The Bush-appointed National Labor Relations Board (NLRB) is set to soon decide a trio of cases known as the “Kentucky River” cases that could take away contract protections from hundreds of thousands of workers represented by unions and deny as many as 8 million workers their freedom to form unions by expanding the definition of supervisor. Under federal labor law, supervisors are barred from forming unions.
The Center for American Progress (CAP) Action Fund is sponsoring a critical conference Friday, Sept. 22, to examine the possible impact of the Kentucky River cases and to develop strategies to counter the damage of a bad ruling.
The CAP conference will feature Rep. Rosa DeLauro (D-Conn.), a leading advocate for workers’ rights, who authored a letter signed by more than 100 of her colleagues urging the NLRB to hold open hearings on the Kentucky River cases. The NLRB has refused to hear oral arguments on the cases—and has heard no oral arguments, a fundamental part of any due process, since the Bush administration took office.

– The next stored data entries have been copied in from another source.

-- ===== src/Reclaim/Aliases/Told.antt =====
-- reclaim/alias.go: what the watchers of an entry have been told last.
use traefik_middleware_utili.Prelude.{
  ℕ, Bool, Bool-cases, List, Option, [], false, inl, inr, map, none, refl, some, true, ◌&&◌, ◌++◌,
  ◌==◌, ◌∷◌, ◌≡◌, ◌⊎◌, not, sym, ◌||◌,
}
use traefik_middleware_utili.Keys.Laws.{same_text_refl}
use traefik_middleware_utili.Reclaim.Values.{
  Any, is_nil_value, nil, plain, pointer, same_shown, same_value,
}
use traefik_middleware_utili.Reclaim.Aliases.{
  AliasEntry, Watcher, current_value, deliver, first_empty, is_nil, released, shown, store_watchers,
  watch_entry, without_watcher,
}
use traefik_middleware_utili.Reclaim.System.Counts.{==_refl}

-- Nothing is published, or a nil value is.
abbrev pub none_published : (ℕ → Any) → Option ℕ → Bool
none_published values none = true
none_published values (some i) = is_nil_value (values i)

-- A watcher was told the current value last; or none is published, the watcher was told nothing, and
-- it is one of the early ones.
abbrev pub IsCurrent : (ℕ → Any) → (ℕ → Type 0) → AliasEntry → Watcher → Type 0
IsCurrent values early entry w =
    (same_value w.last (current_value values entry) ≡ true)
    ⊎ ((none_published values entry.incarnation ≡ true)
        × (is_nil_value w.last ≡ true)
        × early w.identity)

abbrev pub watches : ℕ → List Watcher → Bool
watches k [] = false
watches k (w ∷ ws) = w.identity == k || watches k ws

abbrev pub EveryWatcher : (Watcher → Type 0) → List Watcher → Type 0
EveryWatcher P [] = Unit {0}
EveryWatcher P (w ∷ ws) = P w × EveryWatcher P ws

abbrev pub IsTold : (ℕ → Any) → (ℕ → Type 0) → AliasEntry → Type 0
IsTold values early entry = EveryWatcher (IsCurrent values early entry) entry.watchers

pub EveryWatcher-map :
    (P Q : Watcher → Type 0) (ws : List Watcher)
    → ((w : Watcher) → P w → Q w)
    → EveryWatcher P ws
    → EveryWatcher Q ws
EveryWatcher-map P Q [] f h = tt
EveryWatcher-map P Q (w ∷ ws) f h = (f w h.0, EveryWatcher-map P Q ws f h.1)

pub same_shown_refl : (v : Any) → same_shown v v ≡ true
unfolding same_shown
same_shown_refl nil = refl
same_shown_refl (pointer t a) = ==_refl a
same_shown_refl (plain t b) = rw (==_refl t, same_text_refl b) refl

pub same_value_refl : (v : Any) → same_value v v ≡ true
unfolding same_value
same_value_refl v = elim (Bool-cases (is_nil_value v)) [
  | inl q ↦ rw q refl
  | inr q ↦ rw q (same_shown_refl v)
]

pub deliver_told : (v : Any) (w : Watcher) → same_value (deliver v w).last v ≡ true
unfolding deliver
deliver_told v w = elim (Bool-cases (same_value w.last v)) [
  | inl q ↦ rw q q
  | inr q ↦ rw q (same_value_refl v)
]

shown_same : (v : Any) → shown v v ≡ v
shown_same v = elim (Bool-cases (is_nil_value v)) [ inl q ↦ rw q refl | inr q ↦ rw q refl ]

told_all :
    (v : Any) (entry : AliasEntry) (values : ℕ → Any) (early : ℕ → Type 0) (ws : List Watcher)
    → current_value values entry ≡ v
    → EveryWatcher (IsCurrent values early entry) (map (deliver v) ws)
told_all v entry values early [] e = tt
told_all v entry values early (w ∷ ws) e =
    (inl (rw e (deliver_told v w)), told_all v entry values early ws e)

-- An entry that nothing is published under any more.
pub released-IsTold :
    (values : ℕ → Any) (early : ℕ → Type 0) (entry : AliasEntry)
    → IsTold values early (released entry)
unfolding released store_watchers
released-IsTold values early entry =
    told_all (shown entry.empty entry.empty) (released entry) values early entry.watchers
      (sym (shown_same entry.empty))

-- An entry whose watchers are told the value of its incarnation.
pub store_watchers-IsTold :
    (values : ℕ → Any) (early : ℕ → Type 0) (i : ℕ) (entry : AliasEntry)
    → entry.incarnation ≡ some i
    → IsTold values early (store_watchers (values i) entry)
unfolding store_watchers
store_watchers-IsTold values early i entry e =
    told_all (shown (values i) entry.empty) (store_watchers (values i) entry) values early
      entry.watchers (rw e refl)

nil_last : (v : Any) → same_value v nil ≡ true → is_nil_value v ≡ true
unfolding same_value is_nil_value
nil_last v e = elim (Bool-cases (is_nil_value v)) [
  | inl q ↦ q
  | inr q ↦ let differs : false ≡ true = rw q at e in cc
]

is_nil_lem : (v : Any) → is_nil v ≡ true → v ≡ nil
is_nil_lem nil e = refl
is_nil_lem (pointer t a) e = cc
is_nil_lem (plain t b) e = cc

-- The first empty value that is given.
filled :
    (values : ℕ → Any) (early late : ℕ → Type 0) (empty : Any) (entry : AliasEntry) (w : Watcher)
    → entry.empty ≡ nil
    → late w.identity
    → IsCurrent values early entry w
    → IsCurrent values late (record entry { empty = empty }) w
unfolding is_nil_value
filled values early late empty entry w e came c = go entry.incarnation refl
  where
    nothing_told : current_value values entry ≡ nil → is_nil_value w.last ≡ true
    nothing_told q = elim c [ inl h ↦ nil_last w.last (rw q at h) | inr h ↦ h.1 ]

    go :
        (o : Option ℕ)
        → entry.incarnation ≡ o
        → IsCurrent values late (record entry { empty = empty }) w
    go none q = inr (rw q refl, nothing_told (rw q e), came)
    go (some i) q = elim (Bool-cases (is_nil_value (values i))) [
      | inl z ↦ inr (rw (q, z) refl, nothing_told (rw (q, z) e), came)
      | inr z ↦ elim c [
        | inl h ↦
            let before : same_value w.last (values i) ≡ true = rw (q, z) at h in
            inl (rw (q, z) before)
        | inr h ↦ let nothing : false ≡ true = rw (q, z) at h.0 in absurd cc
      ]
    ]

EveryWatcher-map_in :
    (P Q : Watcher → Type 0) (ws : List Watcher)
    → ((w : Watcher) → watches w.identity ws ≡ true → P w → Q w)
    → EveryWatcher P ws
    → EveryWatcher Q ws
EveryWatcher-map_in P Q [] f h = tt
EveryWatcher-map_in P Q (w ∷ ws) f h = (
  f w (rw (==_refl w.identity) refl) h.0,
  EveryWatcher-map_in P Q ws (λ v m. f v (rw m (or_true (w.identity == v.identity)))) h.1,
)
  where
    or_true : (b : Bool) → (b || true) ≡ true
    or_true true = refl
    or_true false = refl

-- A watcher that was current stays so when more are early.
pub later-IsCurrent :
    (values : ℕ → Any) (early late : ℕ → Type 0) (entry : AliasEntry) (w : Watcher)
    → ((k : ℕ) → early k → late k)
    → IsCurrent values early entry w
    → IsCurrent values late entry w
later-IsCurrent values early late entry w keeps (inl h) = inl h
later-IsCurrent values early late entry w keeps (inr h) = inr (h.0, h.1, keeps w.identity h.2)

pub later-IsTold :
    (values : ℕ → Any) (early late : ℕ → Type 0) (entry : AliasEntry)
    → ((k : ℕ) → early k → late k)
    → IsTold values early entry
    → IsTold values late entry
later-IsTold values early late entry keeps =
    EveryWatcher-map _ _ entry.watchers (λ w. later-IsCurrent values early late entry w keeps)

-- Those who watch the entry when it gets its first empty value.
abbrev pub Fills : ℕ → AliasEntry → AliasEntry → Type 0
Fills k before after =
    (watches k before.watchers ≡ true) × (before.empty ≡ nil) × (is_nil after.empty ≡ false)

first_empty-IsTold :
    (values : ℕ → Any) (early late : ℕ → Type 0) (empty : Any) (entry : AliasEntry)
    → ((k : ℕ) → early k → late k)
    → ((k : ℕ) → Fills k entry (first_empty empty entry) → late k)
    → IsTold values early entry
    → IsTold values late (first_empty empty entry)
first_empty-IsTold values early late empty entry keeps fills t =
    elim (Bool-cases (is_nil entry.empty && not (is_nil empty))) [
      | inl q ↦ rw q (
          EveryWatcher-map_in _ _ entry.watchers
            (λ w m.
              filled values early late empty entry w (was_nil q)
                (fills w.identity (m, was_nil q, rw q (not_nil q))))
            t)
      | inr q ↦ rw q (later-IsTold values early late entry keeps t)
    ]
  where
    both : (a b : Bool) → (a && not b) ≡ true → (a ≡ true) × (b ≡ false)
    both true false h = (refl, refl)
    both true true h = cc
    both false b h = cc

    was_nil : (is_nil entry.empty && not (is_nil empty)) ≡ true → entry.empty ≡ nil
    was_nil q = is_nil_lem entry.empty (both (is_nil entry.empty) (is_nil empty) q).0

    not_nil : (is_nil entry.empty && not (is_nil empty)) ≡ true → is_nil empty ≡ false
    not_nil q = (both (is_nil entry.empty) (is_nil empty) q).1

EveryWatcher-append :
    (P : Watcher → Type 0) (ws : List Watcher) (w : Watcher)
    → EveryWatcher P ws
    → P w
    → EveryWatcher P (ws ++ (w ∷ []))
EveryWatcher-append P [] w h p = (p, tt)
EveryWatcher-append P (v ∷ ws) w h p = (h.0, EveryWatcher-append P ws w h.1 p)

pub watch_entry-IsTold :
    (values : ℕ → Any) (early late : ℕ → Type 0) (identity : ℕ) (changed : Bool) (empty : Any)
    (entry : AliasEntry)
    → ((k : ℕ) → early k → late k)
    → ((k : ℕ) → Fills k entry (watch_entry values identity changed empty entry) → late k)
    → IsTold values early entry
    → IsTold values late (watch_entry values identity changed empty entry)
unfolding watch_entry
watch_entry-IsTold values early late identity changed empty entry keeps fills t =
    let settled = first_empty empty entry in
    EveryWatcher-append (IsCurrent values late settled) settled.watchers
      (deliver (current_value values settled)
        (record { identity = identity; changed = changed; last = nil; told = [] }))
      (first_empty-IsTold values early late empty entry keeps fills t)
      (inl (deliver_told (current_value values settled) _))

pub without_watcher-told :
    (P : Watcher → Type 0) (identity : ℕ) (ws : List Watcher)
    → EveryWatcher P ws
    → EveryWatcher P (without_watcher identity ws)
unfolding without_watcher
without_watcher-told P identity [] h = tt
without_watcher-told P identity (w ∷ ws) h = elim (Bool-cases (w.identity == identity)) [
  | inl q ↦ rw q (without_watcher-told P identity ws h.1)
  | inr q ↦ rw q (h.0, without_watcher-told P identity ws h.1)
]
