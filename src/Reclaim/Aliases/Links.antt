-- ===== src/Reclaim/Aliases/Links.antt =====
-- reclaim/alias.go: the links between the entries and the incarnations, in both directions.
use mathlib.Core.Path.{subst}
use traefik_middleware_utili.Keys.{find}
use traefik_middleware_utili.Prelude.{
  ℕ, Bool, Bool-cases, Bytes, List, Option, [], false, inl, inr, none, refl, some, true, ◌++◌, ◌==◌,
  ◌||◌, ◌∷◌, ◌≡◌, sym, ◌∙◌, ltb, ==_iff, ap,
}
use traefik_middleware_utili.Reclaim.Values.{all_but, member, put_at}
use traefik_middleware_utili.Reclaim.Aliases.{
  AliasEntry, Aliases, bind_entry, detach_alias, detached, is_at, write_entry,
}
use traefik_middleware_utili.Reclaim.System.Counts.{==_refl, ==_swap, same_slot}

-- An entry points at an incarnation exactly if the incarnation lists it, and the names are of entries
-- that were made.
pub record IsLinked (a : Aliases) : Type 0 where
  pub forward : (e i : ℕ) → (a.entries e).incarnation ≡ some i → member e (a.bound i) ≡ true
  pub back : (e i : ℕ) → member e (a.bound i) ≡ true → (a.entries e).incarnation ≡ some i
  pub fresh : (e : ℕ) → ltb e a.next_entry ≡ false → (a.entries e).incarnation ≡ none
  pub named : (key : Bytes) (e : ℕ) → find key a.names ≡ some e → ltb e a.next_entry ≡ true

pub member-all_but :
    (e k : ℕ) (es : List ℕ) → (e == k) ≡ false → member k (all_but e es) ≡ member k es
unfolding member all_but
member-all_but e k [] d = refl
member-all_but e k (h ∷ es) d = elim (same_slot e h) [
  | inl q ↦
      let other : (k == h) ≡ false = ==_swap k h ∙ rw q at d in
      rw ((==_iff e h).1 q, other) (member-all_but e k es d)
  | inr q ↦ rw q (rw (member-all_but e k es d) refl)
]

pub member-all_but_none : (e : ℕ) (es : List ℕ) → member e (all_but e es) ≡ false
unfolding member all_but
member-all_but_none e [] = refl
member-all_but_none e (h ∷ es) = elim (Bool-cases (e == h)) [
  | inl q ↦ rw q (member-all_but_none e es)
  | inr q ↦ rw (q, q) (member-all_but_none e es)
]

pub member-append : (k e : ℕ) (es : List ℕ) → member k (es ++ (e ∷ [])) ≡ (member k es || k == e)
unfolding member
member-append k e [] = or_false (k == e)
  where
    or_false : (b : Bool) → (b || false) ≡ b
    or_false true = refl
    or_false false = refl
member-append k e (h ∷ es) = elim (Bool-cases (k == h)) [
  | inl q ↦ rw q refl
  | inr q ↦ rw q (member-append k e es)
]

-- A write that leaves the incarnation of the entry.
pub write_entry-IsLinked :
    (e : ℕ) (entry : AliasEntry) (a : Aliases)
    → entry.incarnation ≡ (a.entries e).incarnation
    → IsLinked a
    → IsLinked (write_entry e entry a)
unfolding put_at
write_entry-IsLinked e entry a q l = record {
  forward = λ k i f. l.forward k i (sym (same k) ∙ f);
  back = λ k i m. same k ∙ l.back k i m;
  fresh = λ k n. same k ∙ l.fresh k n;
  named = l.named;
}
  where
    same : (k : ℕ) → ((write_entry e entry a).entries k).incarnation ≡ (a.entries k).incarnation
    same k = elim (same_slot e k) [
      | inl c ↦
          subst (λ k. (put_at e entry a.entries k).incarnation ≡ (a.entries k).incarnation) c
            (rw (==_refl e) q)
      | inr d ↦ rw d refl
    ]

-- A change of the links of one entry.
pub relink-IsLinked :
    (e : ℕ) (a b : Aliases)
    → b.next_entry ≡ a.next_entry
    → b.names ≡ a.names
    → ((k : ℕ) → (e == k) ≡ false → (b.entries k).incarnation ≡ (a.entries k).incarnation)
    → ((k j : ℕ) → (e == k) ≡ false → member k (b.bound j) ≡ member k (a.bound j))
    → ((j : ℕ) → (b.entries e).incarnation ≡ some j → member e (b.bound j) ≡ true)
    → ((j : ℕ) → member e (b.bound j) ≡ true → (b.entries e).incarnation ≡ some j)
    → (ltb e a.next_entry ≡ false → (b.entries e).incarnation ≡ none)
    → IsLinked a
    → IsLinked b
relink-IsLinked e a b n m others bounds to from new l = record {
  forward = λ k i f. elim (same_slot e k) [
    | inl c ↦ rw (← c) (to i (rw (← c) at f))
    | inr d ↦ bounds k i d ∙ l.forward k i (sym (others k d) ∙ f)
  ];
  back = λ k i f. elim (same_slot e k) [
    | inl c ↦ rw (← c) (from i (rw (← c) at f))
    | inr d ↦ others k d ∙ l.back k i (sym (bounds k i d) ∙ f)
  ];
  fresh = λ k f. elim (same_slot e k) [
    | inl c ↦ rw (← c) (new (rw (← c, n) at f))
    | inr d ↦ others k d ∙ l.fresh k (rw n at f)
  ];
  named = λ key k f. rw n (l.named key k (rw m at f));
}

pub detach_alias-IsLinked : (e : ℕ) (a : Aliases) → IsLinked a → IsLinked (detach_alias e a)
unfolding detach_alias put_at
detach_alias-IsLinked e a l = go (a.entries e).incarnation refl
  where
    gone :
        (i j : ℕ)
        → (a.entries e).incarnation ≡ some i
        → member e (put_at i (all_but e (a.bound i)) a.bound j) ≡ true
        → ⊥
    gone i j q m = elim (same_slot i j) [
      | inl c ↦
          let none_there = member-all_but_none e (a.bound i) in
          let left : member e (all_but e (a.bound i)) ≡ true = rw (← c, ==_refl i) at m in cc
      | inr d ↦
          let before : member e (a.bound j) ≡ true = rw d at m in
          let points = l.back e j before in
          let same : i ≡ j = cc in let hit : (i == j) ≡ true = rw (← same) (==_refl i) in cc
    ]

    bounds :
        (i k j : ℕ)
        → (e == k) ≡ false
        → member k (put_at i (all_but e (a.bound i)) a.bound j) ≡ member k (a.bound j)
    bounds i k j d = elim (same_slot i j) [
      | inl c ↦ rw (← c) (rw (==_refl i) (member-all_but e k (a.bound i) d))
      | inr r ↦ rw r refl
    ]

    go : (o : Option ℕ) → (a.entries e).incarnation ≡ o → IsLinked (detached e o a)
    go none q = l
    go (some i) q =
        relink-IsLinked e a (detached e (some i) a) refl refl (λ k d. rw d refl) (bounds i)
          (λ j f. let nothing : none ≡ some j = rw (==_refl e) at f in absurd cc)
          (λ j f. absurd (gone i j q f)) (λ _. rw (==_refl e) refl) l

pub detach_alias-none : (e : ℕ) (a : Aliases) → ((detach_alias e a).entries e).incarnation ≡ none
unfolding detach_alias put_at
detach_alias-none e a = go (a.entries e).incarnation refl
  where
    go :
        (o : Option ℕ)
        → (a.entries e).incarnation ≡ o
        → ((detached e o a).entries e).incarnation ≡ none
    go none q = q
    go (some i) q = rw (==_refl e) refl

pub detach_alias-next : (e : ℕ) (a : Aliases) → (detach_alias e a).next_entry ≡ a.next_entry
unfolding detach_alias
detach_alias-next e a = go (a.entries e).incarnation
  where
    go : (o : Option ℕ) → (detached e o a).next_entry ≡ a.next_entry
    go none = refl
    go (some i) = refl

bind_apart-IsLinked :
    (e i : ℕ) (a : Aliases)
    → (a.entries e).incarnation ≡ none
    → ltb e a.next_entry ≡ true
    → IsLinked a
    → IsLinked (record a {
      entries = put_at e (record (a.entries e) { incarnation = some i }) a.entries;
      bound = put_at i (a.bound i ++ (e ∷ [])) a.bound;
    })
unfolding put_at
bind_apart-IsLinked e i a z n l =
    relink-IsLinked e a
      (record a {
        entries = put_at e (record (a.entries e) { incarnation = some i }) a.entries;
        bound = put_at i (a.bound i ++ (e ∷ [])) a.bound;
      })
      refl refl (λ k d. rw d refl) bounds
      (λ j f.
        let points : some i ≡ some j = rw (==_refl e) at f in
        let same : i ≡ j = cc in
        rw (← same) (rw (==_refl i) (member-append e e (a.bound i) ∙ rw (==_refl e) (or_true _))))
      (λ j f. rw (==_refl e) (from j f)) (λ f. absurd (made f)) l
  where
    made : ltb e a.next_entry ≡ false → ⊥
    made f = cc

    or_true : (b : Bool) → (b || true) ≡ true
    or_true true = refl
    or_true false = refl

    or_false : (b : Bool) → (b || false) ≡ b
    or_false true = refl
    or_false false = refl

    bounds :
        (k j : ℕ)
        → (e == k) ≡ false
        → member k (put_at i (a.bound i ++ (e ∷ [])) a.bound j) ≡ member k (a.bound j)
    bounds k j d = elim (same_slot i j) [
      | inl c ↦ rw (← c) (
          rw (==_refl i) (
            member-append k e (a.bound i) ∙ rw (==_swap k e ∙ d) (or_false (member k (a.bound i)))))
      | inr r ↦ rw r refl
    ]

    from : (j : ℕ) → member e (put_at i (a.bound i ++ (e ∷ [])) a.bound j) ≡ true → some i ≡ some j
    from j f = elim (same_slot i j) [
      | inl c ↦ ap some c
      | inr d ↦ let points = l.back e j (rw d at f) in absurd cc
    ]

pub bind_entry-IsLinked :
    (e i : ℕ) (a : Aliases) → ltb e a.next_entry ≡ true → IsLinked a → IsLinked (bind_entry e i a)
unfolding bind_entry
bind_entry-IsLinked e i a n l = elim (Bool-cases (is_at i (a.entries e).incarnation)) [
  | inl q ↦ rw q l
  | inr q ↦ rw q (
      bind_apart-IsLinked e i (detach_alias e a) (detach_alias-none e a)
        (rw (detach_alias-next e a) n) (detach_alias-IsLinked e a l))
]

Joining DeLauro in the discussion will be CAP Senior Vice President Cassandra Butts; Ross Eisenbrey, vice president and policy director of the Economic Policy Institute (EPI); Fred Feinstein, visiting professor and senior fellow in the Office of Executive Programs at the University of Maryland; Sarah Fox, a former member of the NLRB; and Cheryl Johnson, R.N., president of United American Nurses and a vice president of the AFL-CIO.
For more information on the conference, click here.
DeLauro says the Bush NLRB already has failed to do its job to protect employees’ freedom to form or join unions of their choice and to bargain collectively.
These were democratic principles at work, supposedly overseen by an impartial NLRB. Today, the system is broken and the NLRB is failing to protect employees.
During the week of July 10, hundreds of thousands of union members took to the streets in a week of action to demand that their employers not fire them for their union membership.